╭─ Data shown

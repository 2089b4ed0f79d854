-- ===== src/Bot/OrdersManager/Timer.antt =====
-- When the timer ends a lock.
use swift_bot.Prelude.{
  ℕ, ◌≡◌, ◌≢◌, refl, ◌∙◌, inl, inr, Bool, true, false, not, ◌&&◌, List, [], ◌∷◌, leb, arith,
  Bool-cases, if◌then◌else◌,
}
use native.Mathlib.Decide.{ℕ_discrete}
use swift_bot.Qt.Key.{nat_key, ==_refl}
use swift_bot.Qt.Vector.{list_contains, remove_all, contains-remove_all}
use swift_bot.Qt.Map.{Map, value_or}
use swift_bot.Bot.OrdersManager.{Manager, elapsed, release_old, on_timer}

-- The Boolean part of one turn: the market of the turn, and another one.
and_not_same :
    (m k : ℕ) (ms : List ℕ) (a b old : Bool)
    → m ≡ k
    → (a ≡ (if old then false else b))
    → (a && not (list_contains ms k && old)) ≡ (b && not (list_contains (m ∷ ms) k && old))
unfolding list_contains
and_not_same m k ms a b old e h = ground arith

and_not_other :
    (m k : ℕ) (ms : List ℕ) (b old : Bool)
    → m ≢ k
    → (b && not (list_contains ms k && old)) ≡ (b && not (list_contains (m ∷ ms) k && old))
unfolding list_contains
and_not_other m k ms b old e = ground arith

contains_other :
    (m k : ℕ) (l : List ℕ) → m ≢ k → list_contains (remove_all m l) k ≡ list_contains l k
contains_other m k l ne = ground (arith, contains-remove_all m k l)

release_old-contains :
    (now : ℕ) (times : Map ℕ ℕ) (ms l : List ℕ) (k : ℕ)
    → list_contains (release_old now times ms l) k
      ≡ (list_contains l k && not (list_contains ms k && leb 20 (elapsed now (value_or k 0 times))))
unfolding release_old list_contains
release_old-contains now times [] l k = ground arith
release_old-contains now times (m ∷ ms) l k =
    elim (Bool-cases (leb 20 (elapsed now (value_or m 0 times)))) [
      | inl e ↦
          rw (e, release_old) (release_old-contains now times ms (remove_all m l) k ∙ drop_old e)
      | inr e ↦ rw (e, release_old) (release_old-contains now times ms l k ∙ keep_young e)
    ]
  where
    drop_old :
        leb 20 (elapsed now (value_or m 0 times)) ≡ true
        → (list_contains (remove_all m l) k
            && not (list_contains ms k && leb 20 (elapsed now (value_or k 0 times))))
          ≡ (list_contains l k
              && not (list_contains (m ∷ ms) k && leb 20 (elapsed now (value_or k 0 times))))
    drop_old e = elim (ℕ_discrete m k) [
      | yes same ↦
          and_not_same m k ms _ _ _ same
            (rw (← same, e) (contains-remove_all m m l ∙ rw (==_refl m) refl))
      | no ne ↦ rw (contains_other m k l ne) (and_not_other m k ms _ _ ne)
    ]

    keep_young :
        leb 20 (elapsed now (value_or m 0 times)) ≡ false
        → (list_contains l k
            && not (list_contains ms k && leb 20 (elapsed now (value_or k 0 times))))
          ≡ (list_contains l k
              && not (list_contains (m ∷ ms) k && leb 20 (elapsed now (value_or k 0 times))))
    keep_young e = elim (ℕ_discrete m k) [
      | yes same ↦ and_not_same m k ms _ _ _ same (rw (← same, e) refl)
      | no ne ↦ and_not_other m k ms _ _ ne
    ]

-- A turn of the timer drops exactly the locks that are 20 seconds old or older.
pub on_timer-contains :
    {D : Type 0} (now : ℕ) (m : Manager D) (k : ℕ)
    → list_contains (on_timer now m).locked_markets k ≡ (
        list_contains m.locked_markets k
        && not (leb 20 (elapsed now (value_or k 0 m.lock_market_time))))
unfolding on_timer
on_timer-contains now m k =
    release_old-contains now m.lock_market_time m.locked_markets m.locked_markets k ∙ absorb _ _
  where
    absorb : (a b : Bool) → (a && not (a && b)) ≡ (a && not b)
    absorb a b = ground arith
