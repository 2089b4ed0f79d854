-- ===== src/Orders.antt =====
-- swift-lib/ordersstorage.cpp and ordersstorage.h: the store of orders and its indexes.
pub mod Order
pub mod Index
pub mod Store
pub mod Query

╰─

Your task = All records above need to be set down again exactly as written.

Exercise result =
repository 2089b4ed0f79d854
-- ===== src/Bot/OrdersManager/Timer.antt =====
-- When the timer ends a lock.
use swift_bot.Prelude.{
  ℕ, ◌≡◌, ◌≢◌, refl, ◌∙◌, inl, inr, Bool, true, false, not, ◌&&◌, List, [], ◌∷◌, leb, arith,
  Bool-cases, if◌then◌else◌,
}
use native.Mathlib.Decide.{ℕ_discrete}
use swift_bot.Qt.Key.{nat_key, ==_refl}
use swift_bot.Qt.Vector.{list_contains, remove_all, contains-remove_all}
use swift_bot.Qt.Map.{Map, value_or}
use swift_bot.Bot.OrdersManager.{Manager, elapsed, release_old, on_timer}

-- The Boolean part of one turn: the market of the turn, and another one.
and_not_same :
    (m k : ℕ) (ms : List ℕ) (a b old : Bool)
    → m ≡ k
    → (a ≡ (if old then false else b))
    → (a && not (list_contains ms k && old)) ≡ (b && not (list_contains (m ∷ ms) k && old))
unfolding list_contains
and_not_same m k ms a b old e h = ground arith

and_not_other :
    (m k : ℕ) (ms : List ℕ) (b old : Bool)
    → m ≢ k
    → (b && not (list_contains ms k && old)) ≡ (b && not (list_contains (m ∷ ms) k && old))
unfolding list_contains
and_not_other m k ms b old e = ground arith

contains_other :
    (m k : ℕ) (l : List ℕ) → m ≢ k → list_contains (remove_all m l) k ≡ list_contains l k
contains_other m k l ne = ground (arith, contains-remove_all m k l)

release_old-contains :
    (now : ℕ) (times : Map ℕ ℕ) (ms l : List ℕ) (k : ℕ)
    → list_contains (release_old now times ms l) k
      ≡ (list_contains l k && not (list_contains ms k && leb 20 (elapsed now (value_or k 0 times))))
unfolding release_old list_contains
release_old-contains now times [] l k = ground arith
release_old-contains now times (m ∷ ms) l k =
    elim (Bool-cases (leb 20 (elapsed now (value_or m 0 times)))) [
      | inl e ↦
          rw (e, release_old) (release_old-contains now times ms (remove_all m l) k ∙ drop_old e)
      | inr e ↦ rw (e, release_old) (release_old-contains now times ms l k ∙ keep_young e)
    ]
  where
    drop_old :
        leb 20 (elapsed now (value_or m 0 times)) ≡ true
        → (list_contains (remove_all m l) k
            && not (list_contains ms k && leb 20 (elapsed now (value_or k 0 times))))
          ≡ (list_contains l k
              && not (list_contains (m ∷ ms) k && leb 20 (elapsed now (value_or k 0 times))))
    drop_old e = elim (ℕ_discrete m k) [
      | yes same ↦
          and_not_same m k ms _ _ _ same
            (rw (← same, e) (contains-remove_all m m l ∙ rw (==_refl m) refl))
      | no ne ↦ rw (contains_other m k l ne) (and_not_other m k ms _ _ ne)
    ]

    keep_young :
        leb 20 (elapsed now (value_or m 0 times)) ≡ false
        → (list_contains l k
            && not (list_contains ms k && leb 20 (elapsed now (value_or k 0 times))))
          ≡ (list_contains l k
              && not (list_contains (m ∷ ms) k && leb 20 (elapsed now (value_or k 0 times))))
    keep_young e = elim (ℕ_discrete m k) [
      | yes same ↦ and_not_same m k ms _ _ _ same (rw (← same, e) refl)
      | no ne ↦ and_not_other m k ms _ _ ne
    ]

-- A turn of the timer drops exactly the locks that are 20 seconds old or older.
pub on_timer-contains :
    {D : Type 0} (now : ℕ) (m : Manager D) (k : ℕ)
    → list_contains (on_timer now m).locked_markets k ≡ (
        list_contains m.locked_markets k
        && not (leb 20 (elapsed now (value_or k 0 m.lock_market_time))))
unfolding on_timer
on_timer-contains now m k =
    release_old-contains now m.lock_market_time m.locked_markets m.locked_markets k ∙ absorb _ _
  where
    absorb : (a b : Bool) → (a && not (a && b)) ≡ (a && not b)
    absorb a b = ground arith
repository 2089b4ed0f79d854
-- ===== src/Orders.antt =====
-- swift-lib/ordersstorage.cpp and ordersstorage.h: the store of orders and its indexes.
pub mod Order
pub mod Index
pub mod Store
pub mod Query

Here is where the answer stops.